Sustainability is a permanent item on every Board meeting agenda, which provides a platform to update its members on matters relating to the Group sustainability programme and performance topics.
005
Supply chain management
To achieve Net Zero, we need to play our part in accelerating the climate transition beyond our immediate chain of control, and only by engaging with our supply chain can we mitigate the associated risks and act on the opportunities. We have elevated the importance of responsible sourcing as a material sustainability topic and so engaging with our supply chain has received greater attention. We have taken further action to improve the understanding of our key suppliers’ energy consumption and emissions management, and so have set a supply-chain management programme as a running item on our agenda. Our Supply Chain policy sets minimum standards for suppliers in areas such as energy use, emissions-reduction targets, adoption of low-carbon energy sources, water stewardship, biodiversity, waste reduction and resource use.
To begin to gather supplier climate and other environmental data, and enable efficient tracking of their alignment with Net Zero, last year, we joined the CDP Supply Chain engagement initiative, which provided valuable data for improving our understanding of the nature of Scope 3 emissions and for informing our supplier KPIs.
007
Information security and data privacy
We strongly respect privacy and aim to minimise the amount of personal data we collect, as well as to ensuring strict and sufficiently segregated storage of any data we hold. Information security and cyber threats are an increasing priority for all industries globally, and we recognise the need to protect the Group from potential exposures in this area, particularly in light of our size, reach and complexity, and the potential sensitivity of data held in relation to civil aerospace technology and controlled defence contracts.
006
Risk and internal controls
To achieve our objectives, we need strict policies and appropriate internal control frameworks to ensure we manage our resources properly, and identify and mitigate any key risks. The Board is ultimately responsible for developing the Group’s overall risk-management policies and internal controls, and for reviewing their effectiveness, including determining its risk appetite and ensuring an appropriate culture throughout the organisation.
We recognise that the systems and processes established by the Board are designed to manage, rather than eliminate, the risk of failing to achieve business objectives and cannot provide absolute assurance against material financial misstatement or loss. However, ongoing monitoring and review ensures the Company can adapt to an evolving risk environment.

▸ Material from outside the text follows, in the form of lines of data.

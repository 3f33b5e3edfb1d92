-- ===== src/Json.antt =====
-- include/json_view: the values of the library and the operations on objects.
pub mod Value
pub mod Key
pub mod Object
pub mod Find
pub mod Shape
pub mod Pointer
pub mod Access
pub mod Algo
pub mod Mut
pub mod Convert
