-- ===== src/Json/Shape.antt =====
-- Predicates and measures on values: nesting depth, sorted objects, values in the range of their
-- C++ types.
use Prim.Native.Nat.{max}
use rpcxx.Prelude.{ℕ, suc, ◌<◌, ◌^◌, length}
use rpcxx.Prelude.Int.{pos, negsuc}
use rpcxx.Json.Value.{
  JsonView, Items, Pairs, null, binary, boolean, number, string, signed, unsigned, array, object,
  discarded, custom, no_items, item, no_pairs, pair, pairs,
}
use rpcxx.Json.Object.{IsSorted}

-- The number of levels of a value: what `DepthError::Check` counts down.
unfoldable mutual
  pub depth : JsonView → ℕ
  depth (array vs) = suc (depth_items vs)
  depth (object ps) = suc (depth_pairs ps)
  depth _ = 1

  pub depth_items : Items → ℕ
  depth_items no_items = 0
  depth_items (item v vs) = max (depth v) (depth_items vs)

  pub depth_pairs : Pairs → ℕ
  depth_pairs no_pairs = 0
  depth_pairs (pair k v ps) = max (depth v) (depth_pairs ps)

abbrev pub count_items : Items → ℕ
count_items no_items = 0
count_items (item v vs) = suc (count_items vs)

abbrev pub count_pairs : Pairs → ℕ
count_pairs no_pairs = 0
count_pairs (pair k v ps) = suc (count_pairs ps)

-- Every object within the value has strictly increasing keys, as its `sorted_tag` promises.
abbrev mutual
  pub IsOrdered : JsonView → Type 0
  IsOrdered (array vs) = AreOrdered vs
  IsOrdered (object ps) = IsSorted (pairs ps) × AreOrderedPairs ps
  IsOrdered _ = Unit

  pub AreOrdered : Items → Type 0
  AreOrdered no_items = Unit
  AreOrdered (item v vs) = IsOrdered v × AreOrdered vs

  pub AreOrderedPairs : Pairs → Type 0
  AreOrderedPairs no_pairs = Unit
  AreOrderedPairs (pair k v ps) = IsOrdered v × AreOrderedPairs ps

-- The value is one that MessagePack can carry: no discarded and no custom part, numbers within
-- their 64-bit types, and sizes within an `unsigned`.
abbrev mutual
  pub IsEncodable : JsonView → Type 0
  IsEncodable null = Unit
  IsEncodable (boolean b) = Unit
  IsEncodable (binary bin) = length bin < 2 ^ 32
  IsEncodable (number w) = w < 2 ^ 64
  IsEncodable (string s) = length s < 2 ^ 32
  IsEncodable (signed (pos n)) = n < 2 ^ 63
  IsEncodable (signed (negsuc n)) = n < 2 ^ 63
  IsEncodable (unsigned n) = n < 2 ^ 64
  IsEncodable (array vs) = (count_items vs < 2 ^ 32) × AreEncodable vs
  IsEncodable (object ps) = (count_pairs ps < 2 ^ 32) × AreEncodablePairs ps
  IsEncodable (discarded why) = ⊥
  IsEncodable (custom ptr) = ⊥

  pub AreEncodable : Items → Type 0
  AreEncodable no_items = Unit
  AreEncodable (item v vs) = IsEncodable v × AreEncodable vs

  pub AreEncodablePairs : Pairs → Type 0
  AreEncodablePairs no_pairs = Unit
  AreEncodablePairs (pair k v ps) = (length k < 2 ^ 32) × IsEncodable v × AreEncodablePairs ps

-- Integers at or above zero with the unsigned tag; nothing else changes.
unfoldable mutual
  pub canonical : JsonView → JsonView
  canonical (signed (pos n)) = unsigned n
  canonical (array vs) = array (canonical_items vs)
  canonical (object ps) = object (canonical_pairs ps)
  canonical v = v

  pub canonical_items : Items → Items
  canonical_items no_items = no_items
  canonical_items (item v vs) = item (canonical v) (canonical_items vs)

  pub canonical_pairs : Pairs → Pairs
  canonical_pairs no_pairs = no_pairs
  canonical_pairs (pair k v ps) = pair k (canonical v) (canonical_pairs ps)
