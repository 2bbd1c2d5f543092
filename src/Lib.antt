-- ===== src/Lib.antt =====
-- Reflex, a proxy protocol inside Xray-core (xray-core/proxy/reflex), the UUIDs that name its users
-- (xray-core/common/uuid), and from Xray-core itself the buffers (xray-core/common/buf), the pipe
-- of a link (xray-core/transport/pipe) and the KCP transport (xray-core/transport/internet/kcp).
--
-- A connection comes to the inbound handler, which looks at its first bytes. A Reflex connection starts
-- with a magic number or an HTTP POST, and with a handshake; the handler checks its timestamp and
-- nonce, agrees on a key, finds the user, and answers. Behind it the connection carries encrypted
-- frames, which a relay passes on to the destination that the first data frame names; what comes back
-- is cut and timed after a traffic profile. Any other connection goes to a fallback server.
--
-- KCP is a reliable stream on UDP packets. A connection cuts what is written into segments with numbers,
-- its sending worker keeps them until they are acknowledged and writes them again when their timeout has
-- passed, and the peer's receiving worker puts them in order and acknowledges them. Segments travel in
-- packets, under a header and a cipher. The state of a connection moves with the calls of its user and
-- with what the peer says.
--
-- The parts, and the files of xray-core that they model:
--   Replay      proxy/reflex/inbound/session.go, rememberCiphertext: the window of digests
--   Session     proxy/reflex/inbound/session.go, NewSession, ReadFrame, WriteFrame
--   Profile     proxy/reflex/inbound/morphing.go, the profiles, GetPacketSize, GetDelay
--   Morphing    proxy/reflex/inbound/morphing.go, the control frames, and WriteFrameWithMorphing
--   Relay       proxy/reflex/inbound/session.go, handleSession, forwardUpstreamToClient
--   Handshake   proxy/reflex/inbound/handshake.go, the wire format
--   Nonces      proxy/reflex/inbound/handshake.go, the timestamp and the table of nonces
--   Inbound     proxy/reflex/inbound/inbound.go and handshake.go: Process, processHandshake, the users
--   Uuid        common/uuid/uuid.go
--   Config      infra/conf/reflex.go
--   MultiBuffer common/buf/buffer.go, multi_buffer.go
--   Pipe        transport/pipe/impl.go
--   Kcp/Segment     transport/internet/kcp/segment.go
--   Kcp/Auth        transport/internet/kcp/crypt.go, xor.go
--   Kcp/Packet      transport/internet/kcp/io.go, output.go
--   Kcp/Acks        transport/internet/kcp/receiving.go, AckList
--   Kcp/Receiving   transport/internet/kcp/receiving.go, ReceivingWindow, ReceivingWorker
--   Kcp/Sending     transport/internet/kcp/sending.go
--   Kcp/Settings    transport/internet/kcp/config.go
--   Kcp/Timing      transport/internet/kcp/connection.go, RoundTripInfo
--   Kcp/Connection  transport/internet/kcp/connection.go, Connection
--   Kcp/Link        a sender and a receiver with a network between them
-- Prelude has the shared lemmas; Io is Go's readers and writers; Crypto is the AEAD and the hash. Each
-- part's operations stand in the file of its name, and its theorems in the files below it; the tests and
-- the concrete instances of the theorems are in the files Tests.
--
-- State is passed explicitly: an operation takes the state and returns the new one, also when it fails.
-- A mutex of the source makes the operation that it guards one step. A reader is the bytes that will
-- arrive and the error behind them; a writer is what has been sent and how much it still takes.
-- Machine integers keep their wrap-around: the nonce counters modulo 2 ^ 64, the length fields modulo
-- 2 ^ 16, a duration from 64 bits with its sign. Loops with fuel: the shaping loop has a round for each
-- byte of the data, since each round takes one byte at least; the session loop has a round for each byte
-- of the stream and one more, since each frame takes three. In KCP the loop over a packet has a round for
-- each byte, the loop of ReadMultiBuffer one for each segment of the window and one more, and the loop of
-- a write one for each byte and one more. The numbers of segments and the times wrap around modulo 2 ^ 32.
--
-- Parameters: ChaCha20-Poly1305 and SHA-256 (with the laws that what was sealed opens and a tag
-- is sixteen bytes), X25519, HKDF, SHA-1, base64, JSON and HTTP requests, the hash
-- FNV-1a and the cipher of KCP's packets (with the laws of an AEAD that seals in place), float64 arithmetic and the
-- random sources, the clock, and the dispatcher of the host program.
--
-- Not modelled: the copying to the fallback server behind the hand-over, sleeping, logging, the
-- profiles made from observations and the statistic of stats.go, the outbound handler, generated code,
-- and the rest of Xray-core. Of KCP the sockets, the deadlines and the goroutines of the updaters are left
-- out; of the buffers the pools and their ownership. The forwarder's step in the relay is one
-- buffer, so interleavings inside a buffer are not seen.
pub mod Prelude
pub mod Replay
pub mod Io
pub mod Crypto
pub mod Profile
pub mod Session
pub mod Morphing
pub mod Uuid
pub mod Handshake
pub mod Nonces
pub mod Inbound
pub mod Relay
pub mod Config
pub mod MultiBuffer
pub mod Kcp
pub mod Pipe
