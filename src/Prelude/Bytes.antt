-- ===== src/Prelude/Bytes.antt =====
-- Byte strings as lists of numbers: Go's encoding/binary (big endian) and comparison.
use Prim.Native.Nat.{ℕ, zero, suc, ◌+◌, ◌*◌, ◌/◌, ◌%◌, ◌^◌, ◌<◌}
use Prim.Native.Char.{code}
use Prim.Native.String.{String}
use mathlib.Core.Path.{◌≡◌, refl, sym, ap, ap₂, ◌∙◌}
use mathlib.Core.Bool.{Bool, true, false, ◌&&◌}
use mathlib.Core.List.{List, [], ◌∷◌, ◌++◌, append-nil, append_assoc}
use native.Mathlib.Omega.{arith}
use native.Mathlib.Nat.{pow-suc, add-zero, zero-add}
use reflex.Prelude.Tests.{◌==◌}
use reflex.Prelude.Lists.{
  take, drop, take-length, drop-length, length, length-append, All, All-append,
}

abbrev pub IsByte : ℕ → Type 0
IsByte b = b < 256

abbrev pub Bytes : Type 0
Bytes = List ℕ

-- The bytes of an ASCII string.
abbrev pub codes : String → Bytes
codes String.[] = []
codes (String.◌∷◌ c s) = code c ∷ codes s

-- `bytes.Equal`, and `==` on arrays of bytes and on strings.
unfoldable pub bytes_eq : Bytes → Bytes → Bool
bytes_eq [] [] = true
bytes_eq [] (y ∷ ys) = false
bytes_eq (x ∷ xs) [] = false
bytes_eq (x ∷ xs) (y ∷ ys) = x == y && bytes_eq xs ys

pub bytes_eq→eq : (xs ys : Bytes) → bytes_eq xs ys ≡ true → xs ≡ ys
unfolding bytes_eq
bytes_eq→eq [] [] h = refl
bytes_eq→eq [] (y ∷ ys) h = cc
bytes_eq→eq (x ∷ xs) [] h = cc
bytes_eq→eq (x ∷ xs) (y ∷ ys) h = ground (arith, bytes_eq→eq xs ys)

pub bytes_eq_refl : (xs : Bytes) → bytes_eq xs xs ≡ true
unfolding bytes_eq
bytes_eq_refl [] = refl
bytes_eq_refl (x ∷ xs) = ground (arith, bytes_eq_refl xs)

-- The number that big-endian bytes stand for, with `acc` read before them.
unfoldable pub uint_from : ℕ → Bytes → ℕ
uint_from acc [] = acc
uint_from acc (b ∷ bs) = uint_from (acc * 256 + b) bs

-- `binary.BigEndian.Uint16`, `Uint32` and `Uint64` on exactly 2, 4 and 8 bytes.
abbrev pub uint : Bytes → ℕ
uint = uint_from 0

-- `PutUint16` is `put_uint 2`, `PutUint64` is `put_uint 8`: the last `k` bytes of the number.
unfoldable pub put_uint : ℕ → ℕ → Bytes
put_uint zero v = []
put_uint (suc k) v = put_uint k (v / 256) ++ ((v % 256) ∷ [])

put_uint-last : (k v b : ℕ) → b < 256 → put_uint (suc k) (v * 256 + b) ≡ put_uint k v ++ (b ∷ [])
unfolding put_uint
put_uint-last k v b h = ap₂ (λ (n c : ℕ). put_uint k n ++ (c ∷ [])) (omega arith) (omega arith)

pub length-put_uint : (k v : ℕ) → length (put_uint k v) ≡ k
unfolding put_uint
length-put_uint zero v = refl
length-put_uint (suc k) v =
    omega
      (arith, length-append (put_uint k (v / 256)) ((v % 256) ∷ []), length-put_uint k (v / 256))

pub put_uint-IsByte : (k v : ℕ) → All IsByte (put_uint k v)
unfolding put_uint
put_uint-IsByte zero v = tt
put_uint-IsByte (suc k) v =
    All-append IsByte (put_uint k (v / 256)) _ (put_uint-IsByte k (v / 256)) (omega arith)

uint_from-append :
    (acc : ℕ) (xs : Bytes) (b : ℕ) → uint_from acc (xs ++ (b ∷ [])) ≡ uint_from acc xs * 256 + b
unfolding uint_from
uint_from-append acc [] b = refl
uint_from-append acc (x ∷ xs) b = uint_from-append (acc * 256 + x) xs b

-- Reading back what was written.
pub uint-put_uint : (k v : ℕ) → v < 256 ^ k → uint (put_uint k v) ≡ v
unfolding put_uint uint_from
uint-put_uint zero v h = omega arith
uint-put_uint (suc k) v h =
    uint_from-append 0 (put_uint k (v / 256)) (v % 256)
    ∙ omega (arith, uint-put_uint k (v / 256) (omega (arith, pow-suc 256 k)))

put_uint-from :
    (k acc : ℕ) (xs : Bytes)
    → All IsByte xs
    → put_uint (k + length xs) (uint_from acc xs) ≡ put_uint k acc ++ xs
unfolding uint_from
put_uint-from k acc [] h = rw (add-zero, append-nil)
put_uint-from k acc (x ∷ xs) (hx, hxs) =
    ap (λ (n : ℕ). put_uint n (uint_from (acc * 256 + x) xs)) (suc-right k (length xs))
    ∙ put_uint-from (suc k) (acc * 256 + x) xs hxs
    ∙ ap (λ (ys : Bytes). ys ++ xs) (put_uint-last k acc x hx)
    ∙ append_assoc (put_uint k acc) (x ∷ []) xs
  where
    suc-right : (a b : ℕ) → a + suc b ≡ suc a + b
    suc-right a b = omega arith

-- Writing again what was read.
pub put_uint-uint : (xs : Bytes) → All IsByte xs → put_uint (length xs) (uint xs) ≡ xs
unfolding put_uint
put_uint-uint xs h = rw (← zero-add (length xs)) (put_uint-from 0 0 xs h)

uint_from-lt :
    (k acc : ℕ) (xs : Bytes)
    → All IsByte xs
    → acc < 256 ^ k
    → uint_from acc xs < 256 ^ (k + length xs)
unfolding uint_from
uint_from-lt k acc [] h lt = rw add-zero lt
uint_from-lt k acc (x ∷ xs) (hx, hxs) lt =
    rw (suc-right k (length xs))
      (uint_from-lt (suc k) (acc * 256 + x) xs hxs (omega (arith, pow-suc 256 k)))
  where
    suc-right : (a b : ℕ) → a + suc b ≡ suc a + b
    suc-right a b = omega arith

pub uint-lt : (xs : Bytes) → All IsByte xs → uint xs < 256 ^ length xs
uint-lt xs h = rw (← zero-add (length xs)) (uint_from-lt 0 0 xs h (omega arith))

-- A field of `k` bytes in front of the rest of a message: its value, and the rest.
pub uint-field : (k v : ℕ) (rest : Bytes) → v < 256 ^ k → uint (take k (put_uint k v ++ rest)) ≡ v
uint-field k v rest h =
    ap uint (take-length (put_uint k v) rest k (sym (length-put_uint k v))) ∙ uint-put_uint k v h

pub drop-field : (k v : ℕ) (rest : Bytes) → drop k (put_uint k v ++ rest) ≡ rest
drop-field k v rest = drop-length (put_uint k v) rest k (sym (length-put_uint k v))

pub length-field : (k v : ℕ) (rest : Bytes) → length (put_uint k v ++ rest) ≡ k + length rest
length-field k v rest = omega (arith, length-append (put_uint k v) rest, length-put_uint k v)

We have a comprehensive system for assessing the effectiveness of its internal controls, including strategic business planning and regular monitoring and reporting of ESG data alongside financial and operational performance. This is complemented by reporting protocols to ensure accountability for achieving progress on sustainability and climate-related matters. The quality and accuracy of ESG data is continually improved through taking relevant guidance from prominent international regulatory frameworks and applicable external reporting requirements. The Audit Committee also monitors the effectiveness of the internal-control process by reviewing the key findings presented by the external and internal auditors, and the Melrose senior management team implements the Audit Committee’s recommendations.